We rarely look at the negative effects of over-digitization, but it should be noted that with digitization comes an element of control and thus opens an ethical box of worms. For example, it is usually initiated by wealthy institutions, transposing their prism of beliefs onto digitized material that is presumably open access. Digitization is also costly, and usually digitization priorities are decided by funders and their interests or biases.

In India, too, funding agencies and governments decide which stories to exclude or include. Thus, you will find many marginalized stories that cannot find a place in digital archives. In addition, we have documented the same ‘white man story’, thus reinforcing the colonial ideas that were at play 150 years ago. You have Dalit writers, curators and artists from minority communities screaming out loud about their stories that don’t find their place in digitization processes.

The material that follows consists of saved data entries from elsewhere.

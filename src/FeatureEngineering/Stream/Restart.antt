-- ===== src/FeatureEngineering/Stream/Restart.antt =====
-- A process that stops and starts again.
use portfolio_engine.Prelude.{
  ℕ, zero, suc, String, ◌≡◌, refl, sym, ap, ◌∙◌, ◌⊎◌, inl, inr, Bool-cases, Option, Option-cases,
  List, [], ◌∷◌, ◌++◌, take, arith,
}
use portfolio_engine.Float.{Float}
use portfolio_engine.Dict.{get, insert}
use portfolio_engine.Database.{Key, insert_new, pair_key}
use portfolio_engine.FeatureEngineering.Indicators.{Series}
use portfolio_engine.FeatureEngineering.Stream.{
  Message, Write, Stored, Consumer, fresh, append, price_key, feature_key, store, store_all,
  writes_of, candle_of, run, writes,
}

module _ {R K : Type 0} ⦃k : Key K⦄ (key : R → K) where
  -- Some row has the key.
  abbrev pub HasKey : K → List R → Type 0
  HasKey x [] = ⊥
  HasKey x (r ∷ rows) = (key r ≡ x) ⊎ HasKey x rows

  insert_new-HasKey : (row : R) (rows : List R) → HasKey (key row) (insert_new key row rows)
  unfolding insert_new
  insert_new-HasKey row [] = inl refl
  insert_new-HasKey row (r ∷ rows) = elim (Bool-cases (k.beq (key r) (key row))) [
    | inl e ↦ rw e (inl ((k.beq_iff _ _).0 e))
    | inr e ↦ rw e (inr (insert_new-HasKey row rows))
  ]

  pub insert_new-keeps :
      (x : K) (row : R) (rows : List R) → HasKey x rows → HasKey x (insert_new key row rows)
  unfolding insert_new
  insert_new-keeps x row [] h = elim h [ ]
  insert_new-keeps x row (r ∷ rows) h = elim (Bool-cases (k.beq (key r) (key row))) [
    | inl e ↦ rw e h
    | inr e ↦ rw e (elim h [ inl p ↦ inl p | inr m ↦ inr (insert_new-keeps x row rows m) ])
  ]

  insert_new-present :
      (row : R) (rows : List R) → HasKey (key row) rows → insert_new key row rows ≡ rows
  unfolding insert_new
  insert_new-present row [] h = elim h [ ]
  insert_new-present row (r ∷ rows) h = elim (Bool-cases (k.beq (key r) (key row))) [
    | inl e ↦ rw e
    | inr e ↦ rw e (elim h [
      | inl p ↦ absurd (ground (arith, (k.beq_iff (key r) (key row)).1 p))
      | inr m ↦ ap (λ t. r ∷ t) (insert_new-present row rows m)
    ])
  ]

module _ {F : Type 0} where
  -- The table has a row with the key of the insertion.
  abbrev pub IsDone : Stored F → Write F → Type 0
  IsDone t (Write.price r) = HasKey price_key (price_key r) t.prices
  IsDone t (Write.features r) = HasKey feature_key (feature_key r) t.features

  pub store-IsDone : (w : Write F) (t : Stored F) → IsDone (store w t) w
  unfolding store
  store-IsDone (Write.price r) t = insert_new-HasKey price_key r t.prices
  store-IsDone (Write.features r) t = insert_new-HasKey feature_key r t.features

  store-keeps : (w v : Write F) (t : Stored F) → IsDone t v → IsDone (store w t) v
  unfolding store
  store-keeps (Write.price r) (Write.price q) t h = insert_new-keeps price_key _ r t.prices h
  store-keeps (Write.price r) (Write.features q) t h = h
  store-keeps (Write.features r) (Write.price q) t h = h
  store-keeps (Write.features r) (Write.features q) t h =
      insert_new-keeps feature_key _ r t.features h

  store-done : (w : Write F) (t : Stored F) → IsDone t w → store w t ≡ t
  unfolding store
  store-done (Write.price r) t h =
      ap (λ x. record t { prices = x }) (insert_new-present price_key r t.prices h)
  store-done (Write.features r) t h =
      ap (λ x. record t { features = x }) (insert_new-present feature_key r t.features h)

  pub store_all-keeps :
      (ws : List (Write F)) (v : Write F) (t : Stored F) → IsDone t v → IsDone (store_all ws t) v
  unfolding store_all
  store_all-keeps [] v t h = h
  store_all-keeps (w ∷ ws) v t h = store_all-keeps ws v (store w t) (store-keeps w v t h)

  store_all-append :
      (ws vs : List (Write F)) (t : Stored F)
      → store_all (ws ++ vs) t ≡ store_all vs (store_all ws t)
  unfolding store_all
  store_all-append [] vs t = refl
  store_all-append (w ∷ ws) vs t = store_all-append ws vs (store w t)

  -- The first insertions of a list, made once more before all of them, change nothing.
  store_all-again :
      (n : ℕ) (ws : List (Write F)) (t : Stored F)
      → store_all ws (store_all (take n ws) t) ≡ store_all ws t
  unfolding store_all
  store_all-again zero ws t = refl
  store_all-again (suc n) [] t = refl
  store_all-again (suc n) (w ∷ ws) t =
      ap (store_all ws) (
        store-done w (store_all (take n ws) (store w t))
          (store_all-keeps (take n ws) w (store w t) (store-IsDone w t)))
      ∙ store_all-again n ws (store w t)

module _ {F : Type 0} ⦃f : Float F⦄ (series : Series F) (parse_float : String → Option F) where
  pub run-writes :
      (ms : List Message) (k : Consumer F) (t : Stored F)
      → (run series parse_float ms k t).2 ≡ store_all (writes series parse_float ms k.buffers) t
  unfolding run writes store_all
  run-writes [] k t = refl
  run-writes (m ∷ ms) k t = elim (Option-cases (candle_of parse_float m)) [
    | inl e ↦ rw (e, run, writes)
    | inr (candle, e) ↦
        let buffer = append candle (get [] candle.symbol k.buffers) in
        rw (e, run, writes)
          (run-writes ms
              (record { last_id = m.msg_id; buffers = insert candle.symbol buffer k.buffers }) _
            ∙ sym (store_all-append (writes_of series candle buffer) _ t))
  ]

  -- A process that was stopped after any number of insertions, also between the two of one message,
  -- and that is started again, with empty buffers and at the start of the stream, leaves the tables
  -- that it leaves without the stop.
  pub restart_changes_nothing :
      (ms : List Message) (n : ℕ) (t : Stored F)
      → (run series parse_float ms fresh (store_all (take n (writes series parse_float ms [])) t)).2
        ≡ (run series parse_float ms fresh t).2
  restart_changes_nothing ms n t =
      run-writes ms fresh _
      ∙ store_all-again n (writes series parse_float ms []) t
      ∙ sym (run-writes ms fresh t)
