-- ===== src/Tx/Index.antt =====
-- The lists of transactions of an address (src/tx.cpp, where `GetAddressToTxFlag` is set).
use dacrs.Base.{ℕ, ◌+◌, Option, none, some}
use dacrs.Account.{KeyId, PubKeys}
use dacrs.Views.{AccountView}
use dacrs.Views.ByUser.{UserId, get_key_id_by}
use dacrs.ScriptDb.{Bytes}
use dacrs.ScriptDb.Data.{set_tx_hash_by_address}
use dacrs.Tx.{TxState, no_reason, Outcome, accepted, rejected, with_view, push_script_log}

-- The place of the transaction in the lists of its addresses.
module _ (keys : PubKeys) (hash : Bytes) (height index : ℕ) where
  abbrev pub index_key : KeyId → TxState → TxState
  index_key key s =
      let (log, d) = set_tx_hash_by_address key height (index + 1) hash s.script_db in
      push_script_log log (record s { script_db = d })

  -- One user: the key is read from the view.
  abbrev pub index_user : Option KeyId × AccountView → TxState → Outcome
  index_user (none, v) s = rejected no_reason (with_view v s)
  index_user (some key, v) s = accepted (index_key key (with_view v s))

  abbrev pub index_second : KeyId → Option KeyId × AccountView → TxState → Outcome
  index_second src_key (none, v) s = rejected no_reason (with_view v s)
  index_second src_key (some des_key, v) s =
      accepted (index_key des_key (index_key src_key (with_view v s)))

  abbrev pub index_both : UserId → Option KeyId × AccountView → TxState → Outcome
  index_both des (none, v) s = rejected no_reason (with_view v s)
  index_both des (some src_key, v) s =
      index_second src_key (get_key_id_by keys des v) (with_view v s)

abbrev pub set_tx_hash : Bytes → TxState → TxState
set_tx_hash hash s = record s { undo = record s.undo { tx_hash = hash } }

Today, as we move from physical objects to virtual collections, why can’t we expand the collection to include songs, oral histories, and subordinate cultures, which are often overlooked in physical space? For my part, I try to chronicle the oral history of Buddhism as it is practiced today in Maharashtra. This is very different from Buddhism which was practiced centuries ago. It is a vibrant new form, with strong Ambedkarite roots. Why is there no point in looking at religion and cultures as they are alive today? Where are the new digital archives compared to digital copies of analog material? Do we need another photo of the Mohenjodaro Dancer, the Chola Natarajas or the Buddhist Stupa torana? Perhaps it is time to widen the discourse.

Plus, every time an artifact is digitized, we create a new asset – and it’s worth considering the limits of copyright, or lack thereof, for that new entity. Copyright laws in all countries are territorial, so custodians should consider that when digitizing, these “digital” assets are imbued with copyright and intellectual property rights applicable in the country of digitization. Continuing with the example above, while France may return objects from the musée du quai Branly, to Paris, Africa, the museum will still effectively retain the digital assets of these artifacts, as they were generated in this country. The museum, incidentally, has a significant number of objects looted in Africa, including some of the famous Beninese bronzes taken from the royal palace there in 1897.

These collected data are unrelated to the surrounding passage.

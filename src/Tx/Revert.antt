-- ===== src/Tx/Revert.antt =====
-- Undoing a transaction (src/tx.cpp: `CBaseTransaction::UndoExecuteTx`, `CTxUndo`).
use dacrs.Base.{
  ℕ, Bool, true, false, not, ◌&&◌, Option, none, some, List, [], ◌∷◌, ◌==◌, if◌then◌else◌,
}
use dacrs.Account.{
  Account, AccountLog, KeyId, PubKeys, undo_operate_account, is_empty_value, is_register,
}
use dacrs.Views.{AccountView, set_account, erase_account}
use dacrs.Views.ByUser.{by_key, get_account_by}
use dacrs.ScriptDb.{Bytes, ScriptDbView, ScriptDbOperLog}
use dacrs.ScriptDb.Data.{undo_script_data, erase_tx_rel_accout}
use dacrs.Tx.{
  TxState, bad_read_accountdb, bad_save_scriptdb, Outcome, accepted, rejected, and_then, with_view,
  em_common_tx, em_contract_tx,
}

-- `CTxUndo::GetAccountOperLog`: the first log of the key.
unfoldable pub get_account_oper_log : KeyId → List AccountLog → Option AccountLog
get_account_oper_log key [] = none
get_account_oper_log key (log ∷ logs) =
    let rest = get_account_oper_log key logs in if log.key_id == key then some log else rest

module _ (keys : PubKeys) (tx_type : ℕ) where
  -- An account without money that a transfer has made is erased again.
  abbrev pub put_back : KeyId → Account → TxState → Outcome
  put_back key acc s =
      if tx_type == em_common_tx && is_empty_value acc && not (is_register keys acc)
      then accepted (with_view (erase_account key s.view) s)
      else accepted (with_view (set_account key acc s.view) s)

  abbrev pub undo_log : AccountLog → Option Account × AccountView → TxState → Outcome
  undo_log log (none, v) s = rejected bad_read_accountdb (with_view v s)
  undo_log log (some acc, v) s = put_back log.key_id (undo_operate_account log acc) (with_view v s)

  -- The loop over the accounts, the last one first: the logs after the first, and then that one.
  unfoldable pub undo_logs : List AccountLog → TxState → Outcome
  undo_logs [] s = accepted s
  undo_logs (log ∷ logs) s =
      and_then (λ t. undo_log log (get_account_by keys (by_key log.key_id) t.view) t)
        (undo_logs logs s)

  abbrev pub undo_script : Option (Bool × ScriptDbView) → TxState → Option Outcome
  undo_script none s = none
  undo_script (some (true, d)) s = some (accepted (record s { script_db = d }))
  undo_script (some (false, d)) s = some (rejected bad_save_scriptdb (record s { script_db = d }))

  abbrev pub then_script : ScriptDbOperLog → Option Outcome → Option Outcome
  then_script log none = none
  then_script log (some (rejected reason s)) = some (rejected reason s)
  then_script log (some (accepted s)) =
      undo_script (undo_script_data log.key log.value s.script_db) s

  -- The loop over the data, the last change first; none where an assertion fails.
  unfoldable pub undo_script_logs : List ScriptDbOperLog → Outcome → Option Outcome
  undo_script_logs [] s = some s
  undo_script_logs (log ∷ logs) s = then_script log (undo_script_logs logs s)

  abbrev pub forget_related : Bytes → Option Outcome → Option Outcome
  forget_related hash none = none
  forget_related hash (some (rejected reason s)) = some (rejected reason s)
  forget_related hash (some (accepted s)) = some (
      accepted (
        if tx_type == em_contract_tx
        then record s { script_db = erase_tx_rel_accout hash s.script_db }
        else s))

  -- `UndoExecuteTx`, with the hash of the transaction.
  unfoldable pub undo_execute_tx : Bytes → TxState → Option Outcome
  undo_execute_tx hash s =
      forget_related hash (undo_script_logs s.undo.script_oper_log (undo_logs s.undo.account_log s))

In India, digitization initiatives mimic already awkward postcolonial legacies. The National Portal and Digital Repository for Museums of India, maintained by the Union Ministry of Culture, is a centralized digital inventory of nearly a dozen leading Indian museums that still rank ‘types objects ”in categories such as manuscripts, ornaments, anthropology, tropes popularized by 19th century colonial ethnographers, historians and archaeologists. It is time for an independent and reborn India to reclaim its heritage in digitized spaces with representations based on ethnic communities, cultures and geographies.

Digital technology, while opening up incredible frontiers for sharing and collaboration, must therefore proceed with caution and prudence. A slow digitization option with moderate debates will benefit individuals, institutions and nations.

Importantly, as with many other human endeavors, it may be preferable to proceed with balanced moral and ethical interests when digitizing heritage, adopting an inclusive and participatory approach that attempts at the very least to protect and inform all. stakeholders.

Deepthi Sasidharan is Museum Heritage Consultant and Director, Eka Cultural Resources and Research.